> _What you are asked to do_
Keep to one stretch of the data below, the lines from the one with "removed-count account [] = refl" up to and including the one with "on_account-allowance none list_spaces", and return that stretch exactly.

[[ Entries supplied, beginning ]]

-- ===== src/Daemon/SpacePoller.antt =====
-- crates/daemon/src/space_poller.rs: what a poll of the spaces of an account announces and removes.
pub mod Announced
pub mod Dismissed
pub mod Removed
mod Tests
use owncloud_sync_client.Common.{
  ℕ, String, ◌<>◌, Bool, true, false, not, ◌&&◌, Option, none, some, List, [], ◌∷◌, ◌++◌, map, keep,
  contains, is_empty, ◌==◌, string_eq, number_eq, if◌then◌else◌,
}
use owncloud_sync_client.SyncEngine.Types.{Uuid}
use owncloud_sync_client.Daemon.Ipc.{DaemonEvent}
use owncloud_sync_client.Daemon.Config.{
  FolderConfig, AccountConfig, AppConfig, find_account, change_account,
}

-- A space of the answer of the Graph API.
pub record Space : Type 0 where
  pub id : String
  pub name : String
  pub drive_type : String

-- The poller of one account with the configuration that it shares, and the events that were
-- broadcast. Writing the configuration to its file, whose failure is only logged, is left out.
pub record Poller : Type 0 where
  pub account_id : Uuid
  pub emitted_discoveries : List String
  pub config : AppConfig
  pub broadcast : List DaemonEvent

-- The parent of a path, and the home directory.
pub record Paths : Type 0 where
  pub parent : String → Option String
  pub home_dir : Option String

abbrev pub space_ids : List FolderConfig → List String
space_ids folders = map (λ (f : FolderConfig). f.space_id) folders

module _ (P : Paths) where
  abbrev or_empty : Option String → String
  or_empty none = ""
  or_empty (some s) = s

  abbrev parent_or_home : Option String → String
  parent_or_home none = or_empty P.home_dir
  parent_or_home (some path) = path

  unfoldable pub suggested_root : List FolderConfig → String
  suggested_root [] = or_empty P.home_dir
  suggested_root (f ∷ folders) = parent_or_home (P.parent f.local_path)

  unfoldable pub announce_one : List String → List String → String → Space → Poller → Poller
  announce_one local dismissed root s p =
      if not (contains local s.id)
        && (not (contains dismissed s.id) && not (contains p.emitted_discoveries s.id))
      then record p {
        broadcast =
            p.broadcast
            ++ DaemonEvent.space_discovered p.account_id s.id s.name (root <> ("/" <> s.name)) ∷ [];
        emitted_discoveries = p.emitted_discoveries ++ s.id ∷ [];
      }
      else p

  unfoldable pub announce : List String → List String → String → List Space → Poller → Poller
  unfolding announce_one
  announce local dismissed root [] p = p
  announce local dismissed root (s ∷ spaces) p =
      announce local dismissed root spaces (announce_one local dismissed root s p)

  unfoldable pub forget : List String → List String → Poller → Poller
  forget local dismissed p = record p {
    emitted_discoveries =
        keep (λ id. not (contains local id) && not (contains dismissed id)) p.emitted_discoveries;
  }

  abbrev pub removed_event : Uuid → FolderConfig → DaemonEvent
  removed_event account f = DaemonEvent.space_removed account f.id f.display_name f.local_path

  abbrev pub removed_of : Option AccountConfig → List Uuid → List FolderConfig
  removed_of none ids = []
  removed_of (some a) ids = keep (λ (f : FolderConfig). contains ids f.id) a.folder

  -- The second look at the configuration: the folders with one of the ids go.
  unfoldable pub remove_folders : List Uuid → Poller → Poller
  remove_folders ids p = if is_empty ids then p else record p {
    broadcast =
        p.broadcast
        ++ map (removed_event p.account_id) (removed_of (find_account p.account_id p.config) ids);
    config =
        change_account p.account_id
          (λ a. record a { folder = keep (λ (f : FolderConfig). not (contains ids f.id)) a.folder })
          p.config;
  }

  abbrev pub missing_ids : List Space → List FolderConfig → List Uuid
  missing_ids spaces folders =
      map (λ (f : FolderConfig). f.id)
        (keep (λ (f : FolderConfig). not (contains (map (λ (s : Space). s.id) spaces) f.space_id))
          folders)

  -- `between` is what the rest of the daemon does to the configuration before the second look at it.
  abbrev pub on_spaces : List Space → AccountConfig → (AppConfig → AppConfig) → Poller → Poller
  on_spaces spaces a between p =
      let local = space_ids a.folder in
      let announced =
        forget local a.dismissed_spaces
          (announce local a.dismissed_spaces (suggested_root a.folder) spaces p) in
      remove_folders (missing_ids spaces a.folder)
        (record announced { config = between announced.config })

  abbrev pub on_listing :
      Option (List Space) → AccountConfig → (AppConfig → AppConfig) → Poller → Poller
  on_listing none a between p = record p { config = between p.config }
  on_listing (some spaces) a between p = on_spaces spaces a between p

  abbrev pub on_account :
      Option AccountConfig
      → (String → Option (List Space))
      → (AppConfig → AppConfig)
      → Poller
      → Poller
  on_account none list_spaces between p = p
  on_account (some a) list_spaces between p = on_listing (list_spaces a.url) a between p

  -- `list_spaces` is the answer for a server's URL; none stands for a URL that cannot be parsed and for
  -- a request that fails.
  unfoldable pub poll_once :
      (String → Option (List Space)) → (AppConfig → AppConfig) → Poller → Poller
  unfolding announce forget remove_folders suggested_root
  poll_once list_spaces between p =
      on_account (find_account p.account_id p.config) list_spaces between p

[[ Entries supplied, end ]]
[[ Entries supplied, beginning ]]

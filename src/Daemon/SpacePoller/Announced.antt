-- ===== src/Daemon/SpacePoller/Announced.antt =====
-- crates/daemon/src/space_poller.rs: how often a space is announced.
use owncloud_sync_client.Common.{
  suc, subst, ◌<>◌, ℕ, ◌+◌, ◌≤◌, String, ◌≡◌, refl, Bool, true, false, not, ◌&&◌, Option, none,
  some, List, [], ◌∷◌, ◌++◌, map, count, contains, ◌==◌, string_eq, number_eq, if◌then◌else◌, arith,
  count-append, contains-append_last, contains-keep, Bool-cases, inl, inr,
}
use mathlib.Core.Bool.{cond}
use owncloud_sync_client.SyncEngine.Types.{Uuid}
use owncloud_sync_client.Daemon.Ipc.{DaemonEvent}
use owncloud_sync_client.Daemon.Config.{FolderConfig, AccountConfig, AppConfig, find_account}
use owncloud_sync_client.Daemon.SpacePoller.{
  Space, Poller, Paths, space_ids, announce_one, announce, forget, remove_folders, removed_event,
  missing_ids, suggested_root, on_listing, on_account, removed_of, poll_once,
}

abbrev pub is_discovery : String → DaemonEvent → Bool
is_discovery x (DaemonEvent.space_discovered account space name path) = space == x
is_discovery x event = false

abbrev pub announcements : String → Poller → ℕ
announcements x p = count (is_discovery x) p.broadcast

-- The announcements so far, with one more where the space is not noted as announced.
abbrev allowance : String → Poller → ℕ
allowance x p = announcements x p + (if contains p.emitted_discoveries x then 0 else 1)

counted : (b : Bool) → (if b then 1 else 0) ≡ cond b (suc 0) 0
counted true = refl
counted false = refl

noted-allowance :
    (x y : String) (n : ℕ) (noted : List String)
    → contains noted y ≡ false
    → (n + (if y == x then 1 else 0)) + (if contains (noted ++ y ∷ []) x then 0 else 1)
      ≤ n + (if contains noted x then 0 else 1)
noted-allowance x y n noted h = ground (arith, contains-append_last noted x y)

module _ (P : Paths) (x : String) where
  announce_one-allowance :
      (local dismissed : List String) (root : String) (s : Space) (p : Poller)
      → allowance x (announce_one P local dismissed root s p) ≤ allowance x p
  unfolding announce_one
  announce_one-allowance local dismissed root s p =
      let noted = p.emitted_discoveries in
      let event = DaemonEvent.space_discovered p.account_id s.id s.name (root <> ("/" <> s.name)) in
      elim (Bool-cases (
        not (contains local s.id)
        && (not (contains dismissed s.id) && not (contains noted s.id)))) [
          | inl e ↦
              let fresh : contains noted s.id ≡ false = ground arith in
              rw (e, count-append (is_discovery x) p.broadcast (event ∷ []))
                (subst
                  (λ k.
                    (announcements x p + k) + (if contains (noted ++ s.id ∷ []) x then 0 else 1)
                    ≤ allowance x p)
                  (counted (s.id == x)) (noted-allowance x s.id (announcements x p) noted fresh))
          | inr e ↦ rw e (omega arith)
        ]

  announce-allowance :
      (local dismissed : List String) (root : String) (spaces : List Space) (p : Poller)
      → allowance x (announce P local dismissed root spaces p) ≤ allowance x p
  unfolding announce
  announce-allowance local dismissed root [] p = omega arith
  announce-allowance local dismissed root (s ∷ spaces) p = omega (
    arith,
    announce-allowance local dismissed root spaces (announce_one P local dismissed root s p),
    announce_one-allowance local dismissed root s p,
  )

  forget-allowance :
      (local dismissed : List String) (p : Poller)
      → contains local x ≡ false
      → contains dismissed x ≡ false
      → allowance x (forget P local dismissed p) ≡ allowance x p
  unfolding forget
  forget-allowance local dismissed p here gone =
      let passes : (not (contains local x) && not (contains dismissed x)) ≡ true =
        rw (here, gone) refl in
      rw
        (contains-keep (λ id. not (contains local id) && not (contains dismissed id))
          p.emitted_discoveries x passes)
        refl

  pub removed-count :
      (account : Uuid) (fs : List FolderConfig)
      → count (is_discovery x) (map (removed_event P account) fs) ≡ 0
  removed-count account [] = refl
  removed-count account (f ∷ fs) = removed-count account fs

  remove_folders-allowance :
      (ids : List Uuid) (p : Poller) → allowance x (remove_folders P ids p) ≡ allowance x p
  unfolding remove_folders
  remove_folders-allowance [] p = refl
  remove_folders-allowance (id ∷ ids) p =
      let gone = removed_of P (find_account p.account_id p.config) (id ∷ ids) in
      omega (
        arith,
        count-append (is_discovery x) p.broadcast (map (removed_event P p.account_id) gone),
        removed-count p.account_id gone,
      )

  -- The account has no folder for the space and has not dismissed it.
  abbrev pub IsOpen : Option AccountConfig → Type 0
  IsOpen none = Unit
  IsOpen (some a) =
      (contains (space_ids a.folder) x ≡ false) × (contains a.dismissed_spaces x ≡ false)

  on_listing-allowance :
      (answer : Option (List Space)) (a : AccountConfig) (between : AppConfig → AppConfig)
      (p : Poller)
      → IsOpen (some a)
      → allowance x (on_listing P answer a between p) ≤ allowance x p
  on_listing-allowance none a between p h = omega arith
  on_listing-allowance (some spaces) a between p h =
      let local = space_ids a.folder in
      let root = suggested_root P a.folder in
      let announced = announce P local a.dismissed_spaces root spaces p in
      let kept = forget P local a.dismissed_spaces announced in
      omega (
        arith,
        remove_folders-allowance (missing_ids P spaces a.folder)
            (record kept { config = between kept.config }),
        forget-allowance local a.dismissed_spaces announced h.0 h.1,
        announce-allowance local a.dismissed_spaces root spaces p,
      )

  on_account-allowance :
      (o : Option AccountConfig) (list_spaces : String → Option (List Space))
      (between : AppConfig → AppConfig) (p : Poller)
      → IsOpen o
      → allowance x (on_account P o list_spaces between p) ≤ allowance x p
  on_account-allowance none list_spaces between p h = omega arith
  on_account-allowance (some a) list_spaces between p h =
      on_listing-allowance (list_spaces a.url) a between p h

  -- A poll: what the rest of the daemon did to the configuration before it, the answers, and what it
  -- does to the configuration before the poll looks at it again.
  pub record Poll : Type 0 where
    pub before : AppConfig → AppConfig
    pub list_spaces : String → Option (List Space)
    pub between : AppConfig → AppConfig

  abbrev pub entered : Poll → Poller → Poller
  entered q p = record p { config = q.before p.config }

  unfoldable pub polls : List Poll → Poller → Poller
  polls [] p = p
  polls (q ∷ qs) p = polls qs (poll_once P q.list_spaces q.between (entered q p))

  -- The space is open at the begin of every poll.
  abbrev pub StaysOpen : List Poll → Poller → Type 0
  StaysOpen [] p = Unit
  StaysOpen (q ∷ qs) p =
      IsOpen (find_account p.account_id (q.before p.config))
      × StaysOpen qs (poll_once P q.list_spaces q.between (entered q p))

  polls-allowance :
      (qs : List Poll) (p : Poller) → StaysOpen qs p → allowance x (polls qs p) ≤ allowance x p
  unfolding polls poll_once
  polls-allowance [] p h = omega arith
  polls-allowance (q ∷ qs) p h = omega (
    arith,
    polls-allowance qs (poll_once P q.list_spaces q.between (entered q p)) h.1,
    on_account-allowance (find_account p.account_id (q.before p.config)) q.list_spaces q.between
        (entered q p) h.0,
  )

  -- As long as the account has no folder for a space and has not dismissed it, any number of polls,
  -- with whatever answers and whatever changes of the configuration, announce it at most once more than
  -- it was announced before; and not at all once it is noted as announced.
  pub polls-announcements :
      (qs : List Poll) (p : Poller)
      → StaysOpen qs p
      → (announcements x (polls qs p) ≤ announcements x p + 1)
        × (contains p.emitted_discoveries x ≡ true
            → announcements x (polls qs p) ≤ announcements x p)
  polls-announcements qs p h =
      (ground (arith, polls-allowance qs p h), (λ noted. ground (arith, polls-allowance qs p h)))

[[ Entries supplied, end ]]
[[ Entries supplied, beginning ]]

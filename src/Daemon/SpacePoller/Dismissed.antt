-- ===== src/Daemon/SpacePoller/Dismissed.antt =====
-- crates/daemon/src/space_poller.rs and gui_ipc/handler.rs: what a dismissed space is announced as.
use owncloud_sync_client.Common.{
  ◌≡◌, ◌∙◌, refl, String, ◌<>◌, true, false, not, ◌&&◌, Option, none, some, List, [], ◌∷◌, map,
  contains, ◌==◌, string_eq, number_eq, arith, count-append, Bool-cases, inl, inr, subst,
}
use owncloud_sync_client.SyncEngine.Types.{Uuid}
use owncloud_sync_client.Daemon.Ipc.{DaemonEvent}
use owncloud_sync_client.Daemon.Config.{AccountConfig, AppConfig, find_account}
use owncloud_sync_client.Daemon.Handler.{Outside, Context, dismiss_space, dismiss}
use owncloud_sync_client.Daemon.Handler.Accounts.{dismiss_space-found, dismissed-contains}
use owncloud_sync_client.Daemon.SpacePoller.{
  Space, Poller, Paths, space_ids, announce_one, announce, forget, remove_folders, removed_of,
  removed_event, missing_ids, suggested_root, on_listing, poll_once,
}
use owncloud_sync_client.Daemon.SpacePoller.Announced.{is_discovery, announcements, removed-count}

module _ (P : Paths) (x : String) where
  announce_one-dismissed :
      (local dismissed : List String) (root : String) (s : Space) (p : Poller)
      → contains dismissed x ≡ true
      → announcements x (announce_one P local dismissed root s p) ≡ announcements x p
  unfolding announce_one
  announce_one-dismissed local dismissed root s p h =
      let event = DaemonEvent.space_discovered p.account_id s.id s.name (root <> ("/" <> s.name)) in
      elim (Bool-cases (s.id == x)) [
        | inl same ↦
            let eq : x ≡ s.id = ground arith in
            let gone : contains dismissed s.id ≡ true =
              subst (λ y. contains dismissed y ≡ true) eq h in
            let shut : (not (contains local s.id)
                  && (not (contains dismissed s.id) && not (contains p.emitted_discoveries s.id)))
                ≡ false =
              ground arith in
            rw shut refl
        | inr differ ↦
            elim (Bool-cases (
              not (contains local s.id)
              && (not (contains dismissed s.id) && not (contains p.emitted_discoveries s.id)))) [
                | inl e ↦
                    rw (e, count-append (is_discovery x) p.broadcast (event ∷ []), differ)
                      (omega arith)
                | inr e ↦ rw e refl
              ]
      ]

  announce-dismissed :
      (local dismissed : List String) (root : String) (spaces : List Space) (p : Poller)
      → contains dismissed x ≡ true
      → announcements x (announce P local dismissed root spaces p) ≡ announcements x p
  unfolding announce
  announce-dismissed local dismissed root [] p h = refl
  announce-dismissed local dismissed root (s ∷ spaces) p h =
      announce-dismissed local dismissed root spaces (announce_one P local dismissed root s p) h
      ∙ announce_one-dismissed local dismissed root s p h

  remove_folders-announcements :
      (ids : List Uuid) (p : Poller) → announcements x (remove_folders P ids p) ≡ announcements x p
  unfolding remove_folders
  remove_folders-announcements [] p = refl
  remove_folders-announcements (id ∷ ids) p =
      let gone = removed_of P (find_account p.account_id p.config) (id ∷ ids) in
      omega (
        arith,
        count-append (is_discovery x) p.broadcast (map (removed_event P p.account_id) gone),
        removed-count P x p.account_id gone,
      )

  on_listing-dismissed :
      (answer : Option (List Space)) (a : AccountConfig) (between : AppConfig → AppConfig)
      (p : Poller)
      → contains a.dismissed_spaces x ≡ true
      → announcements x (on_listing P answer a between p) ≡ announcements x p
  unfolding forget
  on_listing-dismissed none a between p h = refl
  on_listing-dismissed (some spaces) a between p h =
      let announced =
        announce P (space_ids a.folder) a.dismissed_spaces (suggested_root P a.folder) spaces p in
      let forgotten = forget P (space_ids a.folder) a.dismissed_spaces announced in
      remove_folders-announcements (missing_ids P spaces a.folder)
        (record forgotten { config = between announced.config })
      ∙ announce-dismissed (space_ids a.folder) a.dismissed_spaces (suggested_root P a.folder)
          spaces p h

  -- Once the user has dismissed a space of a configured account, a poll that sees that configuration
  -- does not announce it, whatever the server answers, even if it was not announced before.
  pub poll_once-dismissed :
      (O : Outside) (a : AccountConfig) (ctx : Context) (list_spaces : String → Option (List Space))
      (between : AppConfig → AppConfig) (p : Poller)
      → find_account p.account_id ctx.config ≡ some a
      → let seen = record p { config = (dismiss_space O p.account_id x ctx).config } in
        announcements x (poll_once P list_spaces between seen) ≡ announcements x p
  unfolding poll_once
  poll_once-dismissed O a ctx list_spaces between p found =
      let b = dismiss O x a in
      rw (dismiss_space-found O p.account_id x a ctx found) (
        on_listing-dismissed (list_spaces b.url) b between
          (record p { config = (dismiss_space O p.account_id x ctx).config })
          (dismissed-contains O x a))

[[ Entries supplied, end ]]

> _Your solution_
  removed-count account [] = refl
  removed-count account (f ∷ fs) = removed-count account fs

  remove_folders-allowance :
      (ids : List Uuid) (p : Poller) → allowance x (remove_folders P ids p) ≡ allowance x p
  unfolding remove_folders
  remove_folders-allowance [] p = refl
  remove_folders-allowance (id ∷ ids) p =
      let gone = removed_of P (find_account p.account_id p.config) (id ∷ ids) in
      omega (
        arith,
        count-append (is_discovery x) p.broadcast (map (removed_event P p.account_id) gone),
        removed-count p.account_id gone,
      )

  -- The account has no folder for the space and has not dismissed it.
  abbrev pub IsOpen : Option AccountConfig → Type 0
  IsOpen none = Unit
  IsOpen (some a) =
      (contains (space_ids a.folder) x ≡ false) × (contains a.dismissed_spaces x ≡ false)

  on_listing-allowance :
      (answer : Option (List Space)) (a : AccountConfig) (between : AppConfig → AppConfig)
      (p : Poller)
      → IsOpen (some a)
      → allowance x (on_listing P answer a between p) ≤ allowance x p
  on_listing-allowance none a between p h = omega arith
  on_listing-allowance (some spaces) a between p h =
      let local = space_ids a.folder in
      let root = suggested_root P a.folder in
      let announced = announce P local a.dismissed_spaces root spaces p in
      let kept = forget P local a.dismissed_spaces announced in
      omega (
        arith,
        remove_folders-allowance (missing_ids P spaces a.folder)
            (record kept { config = between kept.config }),
        forget-allowance local a.dismissed_spaces announced h.0 h.1,
        announce-allowance local a.dismissed_spaces root spaces p,
      )

  on_account-allowance :
      (o : Option AccountConfig) (list_spaces : String → Option (List Space))
      (between : AppConfig → AppConfig) (p : Poller)
      → IsOpen o
      → allowance x (on_account P o list_spaces between p) ≤ allowance x p
  on_account-allowance none list_spaces between p h = omega arith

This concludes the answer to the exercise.